I dont plan to walk the puppy from the collar. I know its not safe. I plan to keep a collar on him for tags though. I want a harness for walking


----------



## Molly120213

I would definitely get the XS collar. I don't know if the custom collar and leash you are ordering is expensive but growing puppies may outgrow their collar after a few months. Also some puppies, like my Molly, do bite the leash at first and tend to ruin it. You may want to save the nicer things for after the initial puppy teething stage. I agree that a harness is the way to go for walking your pup. I did like the snap on collar at first because it was quick to take on and off for all the frequent potty breaks.

Diane


----------



## SJ1998

+1 on the leash biting. I dont keep my dog on the leash but when he was little it would seem like all I had to do was turn my back to get keys or something and he chewed on it! Not enough to do any major damage but still a few teeth marks in that nice leather lead...

I have a sensation harness in extra small. I also have a couple of the velcro styles. You can buy a lot of this stuff at TJ Maxx and Home Goods.


----------



## lfung5

I would go with extra small.

I buy my boys the 5/8 or 3/4 inch. Bella who is only 7 lbs get a 5/8 colar. Her neck size is 9 inches.

When your pup stops growing, you might like these. I have a bunch of them. They are the best quality collar I have ever seen. They are not expensive either. I put their name and phone number on the collar so no need for a tag. They only wear them when they leave my house for ID.

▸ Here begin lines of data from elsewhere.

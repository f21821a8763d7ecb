-- ===== src/Agent/Collectors/Net/Rates.antt =====
-- internal/agent/collect_net.go: the rates of two collections one after the other.
use whatsupp.Base.{
  ℕ, ◌-◌, ◌<◌, ◌≡◌, refl, sym, ap, subst, ◌∙◌, String, true, false, List, [], ◌∷◌, Option, none,
  some, arith, ltb, str_eq, eq_iff, if◌then◌else◌, Map, empty_map, insert, Listed, Listed-left,
  Listed-right, Bool-cases, inl, inr,
}
use whatsupp.Agent.Buffer.{Metric}
use whatsupp.Agent.Collectors.{Floats, two_64, wrapped, sub_uint64-wrapped}
use whatsupp.Agent.Collectors.Net.{
  IoCounters, NetCollector, is_filtered_interface, net_metric, counter_metrics, rates_since,
  rate_metrics, collect_interfaces, collect_net,
}

-- The last reading of an interface in a list.
abbrev pub last_of : String → List IoCounters → Option IoCounters
last_of name [] = none
last_of name (c ∷ cs) = elim (last_of name cs) [
  | some p ↦ some p
  | none ↦ if str_eq c.name name then some c else none
]

module _ {V : Type 0} (f : Floats V) where
  current-last :
      (prev : Option (Map IoCounters × ℕ)) (now : ℕ) (cs : List IoCounters)
      (current : Map IoCounters) (name : String)
      → is_filtered_interface name ≡ false
      → (collect_interfaces f prev now cs current).1 name
        ≡ (elim (last_of name cs) [ none ↦ current name | some p ↦ some p ])
  unfolding collect_interfaces
  current-last prev now [] current name e = refl
  current-last prev now (c ∷ cs) current name e = elim (Bool-cases (is_filtered_interface c.name)) [
    | inl skipped ↦
        let ih = current-last prev now cs current name e in
        let other : str_eq c.name name ≡ false = elim (Bool-cases (str_eq c.name name)) [
          | inl same ↦
              absurd (cc (sym skipped ∙ ap is_filtered_interface ((eq_iff c.name name).0 same) ∙ e))
          | inr differ ↦ differ
        ] in
        rw (skipped, collect_interfaces) (ground (arith, ih, other))
    | inr shown ↦
        let ih = current-last prev now cs (insert current c.name c) name e in
        rw (shown, collect_interfaces) (ground (arith, ih))
  ]

  interface-Listed :
      (prev : Option (Map IoCounters × ℕ)) (now : ℕ) (c : IoCounters) (cs : List IoCounters)
      (current : Map IoCounters) (m : Metric V)
      → is_filtered_interface c.name ≡ false
      → Listed c cs
      → Listed m (rate_metrics f prev now c)
      → Listed m (collect_interfaces f prev now cs current).0
  unfolding collect_interfaces
  interface-Listed prev now c [] current m e h k = absurd h
  interface-Listed prev now c (d ∷ cs) current m e (inl same) k =
      let shown : is_filtered_interface d.name ≡ false =
        ap (λ x. is_filtered_interface x.name) (sym same) ∙ e in
      let there : Listed m (rate_metrics f prev now d) =
        subst (λ x. Listed m (rate_metrics f prev now x)) same k in
      rw (shown, collect_interfaces)
        (Listed-right m (counter_metrics f d) _ (Listed-left m (rate_metrics f prev now d) _ there))
  interface-Listed prev now c (d ∷ cs) current m e (inr h) k =
      elim (Bool-cases (is_filtered_interface d.name)) [
        | inl skipped ↦
            rw (skipped, collect_interfaces) (interface-Listed prev now c cs current m e h k)
        | inr shown ↦
            let further = interface-Listed prev now c cs (insert current d.name d) m e h k in
            rw (shown, collect_interfaces)
              (Listed-right m (counter_metrics f d) _
                (Listed-right m (rate_metrics f prev now d) _ further))
      ]

  -- Two collections one after the other, with the counters read, report for each interface of the
  -- second that is not filtered and of which the first has a reading, if the clock has advanced: as
  -- its rates over that time the bytes received and sent since the last reading of the first
  -- collection, and if a counter has fallen, 2 ^ 64 less the bytes by which it has fallen.
  collect_net-rates :
      (n : NetCollector) (before after : List IoCounters) (earlier now : ℕ) (p c : IoCounters)
      → is_filtered_interface c.name ≡ false
      → last_of c.name before ≡ some p
      → Listed c after
      → earlier < now
      → (p.bytes_recv < two_64) × (p.bytes_sent < two_64)
      → (c.bytes_recv < two_64) × (c.bytes_sent < two_64)
      → (ms : List (Metric V)) × ((collect_net f
            (some after)
            now
            (collect_net f (some before) earlier n).1).0
          ≡ some ms)
        × Listed
            (net_metric f c "rx_bytes_sec"
              (f.per_second (wrapped p.bytes_recv c.bytes_recv) (now - earlier)))
            ms
        × Listed
            (net_metric f c "tx_bytes_sec"
              (f.per_second (wrapped p.bytes_sent c.bytes_sent) (now - earlier)))
            ms
  unfolding collect_net rate_metrics
  collect_net-rates n before after earlier now p c shown last there later old new =
      let io = (collect_interfaces f n.prev earlier before empty_map).1 in
      let prev : Option (Map IoCounters × ℕ) = some (io, earlier) in
      let known : io c.name ≡ some p =
        current-last n.prev earlier before empty_map c.name shown ∙ rw last refl in
      let advanced : ltb earlier now ≡ true = ground arith in
      let rates : rate_metrics f prev now c ≡ rates_since f p c (now - earlier) =
        rw (known, rate_metrics) (rw advanced refl) in
      let listed = λ (m : Metric V) (k : Listed m (rates_since f p c (now - earlier))).
        interface-Listed prev now c after empty_map m shown there
          (subst (Listed m) (sym rates) k) in
      (
        (collect_interfaces f prev now after empty_map).0,
        refl,
        listed _ (
            inl (
              ap (λ d. net_metric f c "rx_bytes_sec" (f.per_second d (now - earlier)))
                (sym (sub_uint64-wrapped p.bytes_recv c.bytes_recv old.0 new.0)))),
        listed _ (
            inr (
              inl (
                ap (λ d. net_metric f c "tx_bytes_sec" (f.per_second d (now - earlier)))
                  (sym (sub_uint64-wrapped p.bytes_sent c.bytes_sent old.1 new.1))))),
      )
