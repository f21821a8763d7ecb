-- ===== src/Cron/Text.antt =====
-- What internal/hub/cron.go uses of strings and strconv, on texts as lists of code points: Fields,
-- Split, SplitN with two pieces, TrimSpace and Atoi. An int is its two's complement, below 2 ^ 64.
use whatsupp.Base.{
  ℕ, ◌+◌, ◌-◌, ◌*◌, ◌%◌, Bool, ◌&&◌, ◌||◌, List, [], ◌∷◌, Option, none, some, ltb, leb, ◌==◌,
  if◌then◌else◌,
}

abbrev pub Codes : Type 0
Codes = List ℕ

-- unicode.IsSpace
unfoldable pub is_space : ℕ → Bool
is_space c =
    (leb 9 c && leb c 13)
    || c == 32
    || c == 133
    || c == 160
    || c == 5760
    || (leb 8192 c && leb c 8202)
    || c == 8232
    || c == 8233
    || c == 8239
    || c == 8287
    || c == 12288

abbrev pub prepend : ℕ → List Codes → List Codes
prepend c [] = (c ∷ []) ∷ []
prepend c (w ∷ ws) = (c ∷ w) ∷ ws

-- The separators stand between the pieces, of which there is at least one.
unfoldable pub split : ℕ → Codes → List Codes
split sep [] = [] ∷ []
split sep (c ∷ cs) = let rest = split sep cs in if c == sep then [] ∷ rest else prepend c rest

-- The code point stands before a text with the given fields.
unfoldable pub field_before : ℕ → Codes → List Codes → List Codes
unfolding is_space
field_before c [] fs = (c ∷ []) ∷ fs
field_before c (d ∷ cs) fs = if is_space d then (c ∷ []) ∷ fs else prepend c fs

unfoldable pub fields : Codes → List Codes
unfolding field_before
fields [] = []
fields (c ∷ cs) = let rest = fields cs in if is_space c then rest else field_before c cs rest

-- Before and after the first separator, if there is one.
unfoldable pub cut : ℕ → Codes → Option (Codes × Codes)
cut sep [] = none
cut sep (c ∷ cs) =
    let rest = cut sep cs in
    if c == sep
    then some ([], cs)
    else elim rest [ none ↦ none | some (before, after) ↦ some (c ∷ before, after) ]

unfoldable pub trim_left : Codes → Codes
trim_left [] = []
trim_left (c ∷ cs) = let rest = trim_left cs in if is_space c then rest else c ∷ cs

unfoldable pub keep_code : ℕ → Codes → Codes
keep_code c [] = if is_space c then [] else c ∷ []
keep_code c (d ∷ cs) = c ∷ d ∷ cs

unfoldable pub trim_right : Codes → Codes
unfolding keep_code
trim_right [] = []
trim_right (c ∷ cs) = keep_code c (trim_right cs)

unfoldable pub trim_space : Codes → Codes
unfolding trim_left trim_right
trim_space cs = trim_right (trim_left cs)

-- The number with the digits, read after `n`.
unfoldable pub digits : ℕ → Codes → Option ℕ
digits n [] = some n
digits n (c ∷ cs) =
    let rest = digits (n * 10 + (c - 48)) cs in if leb 48 c && leb c 57 then rest else none

unfoldable pub number : Codes → Option ℕ
unfolding digits
number [] = none
number (c ∷ cs) = digits 0 (c ∷ cs)

abbrev pub two_63 : ℕ
two_63 = 9_223_372_036_854_775_808

abbrev pub two_64 : ℕ
two_64 = 18_446_744_073_709_551_616

unfoldable pub positive : Option ℕ → Option ℕ
positive none = none
positive (some k) = if ltb k two_63 then some k else none

unfoldable pub negative : Option ℕ → Option ℕ
negative none = none
negative (some k) = if leb k two_63 then some ((two_64 - k) % two_64) else none

unfoldable pub atoi : Codes → Option ℕ
unfolding number positive negative
atoi [] = none
atoi (c ∷ cs) =
    if c == 43
    then positive (number cs)
    else if c == 45
    then negative (number cs)
    else positive (number (c ∷ cs))
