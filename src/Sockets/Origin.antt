-- ===== src/Sockets/Origin.antt =====
-- internal/api/websocket.go: CheckOrigin of the upgrader, on texts as lists of bytes.
use whatsupp.Base.{
  ℕ, ◌≡◌, refl, ap, ◌∙◌, ◌↔◌, ◌⊎◌, inl, inr, Bool, true, false, ◌&&◌, ◌||◌, List, [], ◌∷◌, ◌++◌,
  arith, ◌==◌, Bool-cases,
}

unfoldable pub has_prefix : List ℕ → List ℕ → Bool
has_prefix s [] = true
has_prefix [] (c ∷ t) = false
has_prefix (d ∷ s) (c ∷ t) = d == c && has_prefix s t

-- strings.Contains
unfoldable pub contains : List ℕ → List ℕ → Bool
unfolding has_prefix
contains [] t = has_prefix [] t
contains (d ∷ s) t = has_prefix (d ∷ s) t || contains s t

-- The header Origin, empty if it is missing, and the host of the request.
unfoldable pub check_origin : List ℕ → List ℕ → Bool
unfolding contains
check_origin [] host = true
check_origin (c ∷ origin) host = contains (c ∷ origin) host

-- The text stands somewhere in the other.
abbrev pub Within : List ℕ → List ℕ → Type 0
Within host origin = (before : List ℕ) × (after : List ℕ) × (origin ≡ before ++ (host ++ after))

prefix-Within : (s t : List ℕ) → has_prefix s t ≡ true → (after : List ℕ) × (s ≡ t ++ after)
unfolding has_prefix
prefix-Within s [] e = (s, refl)
prefix-Within [] (c ∷ t) e = absurd (ground (arith, e))
prefix-Within (d ∷ s) (c ∷ t) e =
    let (after, same) = prefix-Within s t (ground (arith, e)) in
    let first : d ≡ c = ground (arith, e) in (after, rw (first, same) refl)

has_prefix-append : (t after : List ℕ) → has_prefix (t ++ after) t ≡ true
unfolding has_prefix
has_prefix-append [] after = refl
has_prefix-append (c ∷ t) after = ground (arith, has_prefix-append t after)

prefix-contains : (s t : List ℕ) → has_prefix s t ≡ true → contains s t ≡ true
unfolding contains
prefix-contains [] t e = e
prefix-contains (d ∷ s) t e = ground (arith, e)

contains-append : (before t after : List ℕ) → contains (before ++ (t ++ after)) t ≡ true
unfolding contains
contains-append [] t after = prefix-contains (t ++ after) t (has_prefix-append t after)
contains-append (d ∷ before) t after = ground (arith, contains-append before t after)

contains-Within : (s t : List ℕ) → contains s t ≡ true → Within t s
unfolding contains
contains-Within [] t e = let (after, same) = prefix-Within [] t e in ([], after, same)
contains-Within (d ∷ s) t e = elim (Bool-cases (has_prefix (d ∷ s) t)) [
  | inl here ↦ let (after, same) = prefix-Within (d ∷ s) t here in ([], after, same)
  | inr further ↦
      let (before, after, same) = contains-Within s t (ground (arith, e, further)) in
      (d ∷ before, after, ap (λ x. d ∷ x) same)
]

-- A connection is let through exactly if it has no origin, or an origin that has the host somewhere in
-- it: also one of another site, if the host is a part of that site's name.
check_origin_lem :
    (origin host : List ℕ)
    → (check_origin origin host ≡ true) ↔ ((origin ≡ []) ⊎ Within host origin)
unfolding check_origin
check_origin_lem [] host = ((λ e. inl refl), λ o. refl)
check_origin_lem (c ∷ origin) host = (
  λ e. inr (contains-Within (c ∷ origin) host e),
  λ o. elim o [
    | inl empty ↦ absurd (ground (arith, empty))
    | inr (before, after, same) ↦ ap (λ s. contains s host) same ∙ contains-append before host after
  ],
)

https://www.etsy.com/listing/157724...r+dog&ga_search_type=all&ga_view_type=gallery


----------



## Chocolate

lfung5 said:


> I would go with extra small.
> 
> I buy my boys the 5/8 or 3/4 inch. Bella who is only 7 lbs get a 5/8 colar. Her neck size is 9 inches.
> 
> When your pup stops growing, you might like these. I have a bunch of them. They are the best quality collar I have ever seen. They are not expensive either. I put their name and phone number on the collar so no need for a tag. They only wear them when they leave my house for ID.
> 
> https://www.etsy.com/listing/157724...r+dog&ga_search_type=all&ga_view_type=gallery


I LOVE those!!!!!!11 Would you mind posting some pics of your havanese modeling them so I can see what they look like on?


----------



## BFrancs

I would recommend waiting to buy real nice leash. You should buy a regular leash until he gets a little older. Both, Canela and Vino chewed on their first leashes when they were puppies. Vino actually chewed through one. I was talking to someone and in the back of my mind, I was thinking, ‘man Vino is being soo nice and quiet’ and still, turns out the little rascal was gnawing at the leash!!! He chewed half way thru it. LOL If you really want the matching leash I would suggest buying the ½” or something smaller for your 4-5 pound puppy, you don’t want the weight of the leash to be too much for him. Plus if you wait to he gets a little older you can pick the right one, the weight/width/length.


----------



## lfung5

These are the only pictures I have. I blurred out my phone number. I have so many other colors. You can customize the collars anyway you want! Warning: It can get addicting!!


----------



## Carmenchanwong

lfung5 said:


> These are the only pictures I have. I blurred out my phone number. I have so many other colors. You can customize the collars anyway you want! Warning: It can get addicting!!


love it !


----------



## Chocolate

lfung5 said:


> These are the only pictures I have. I blurred out my phone number. I have so many other colors. You can customize the collars anyway you want! Warning: It can get addicting!!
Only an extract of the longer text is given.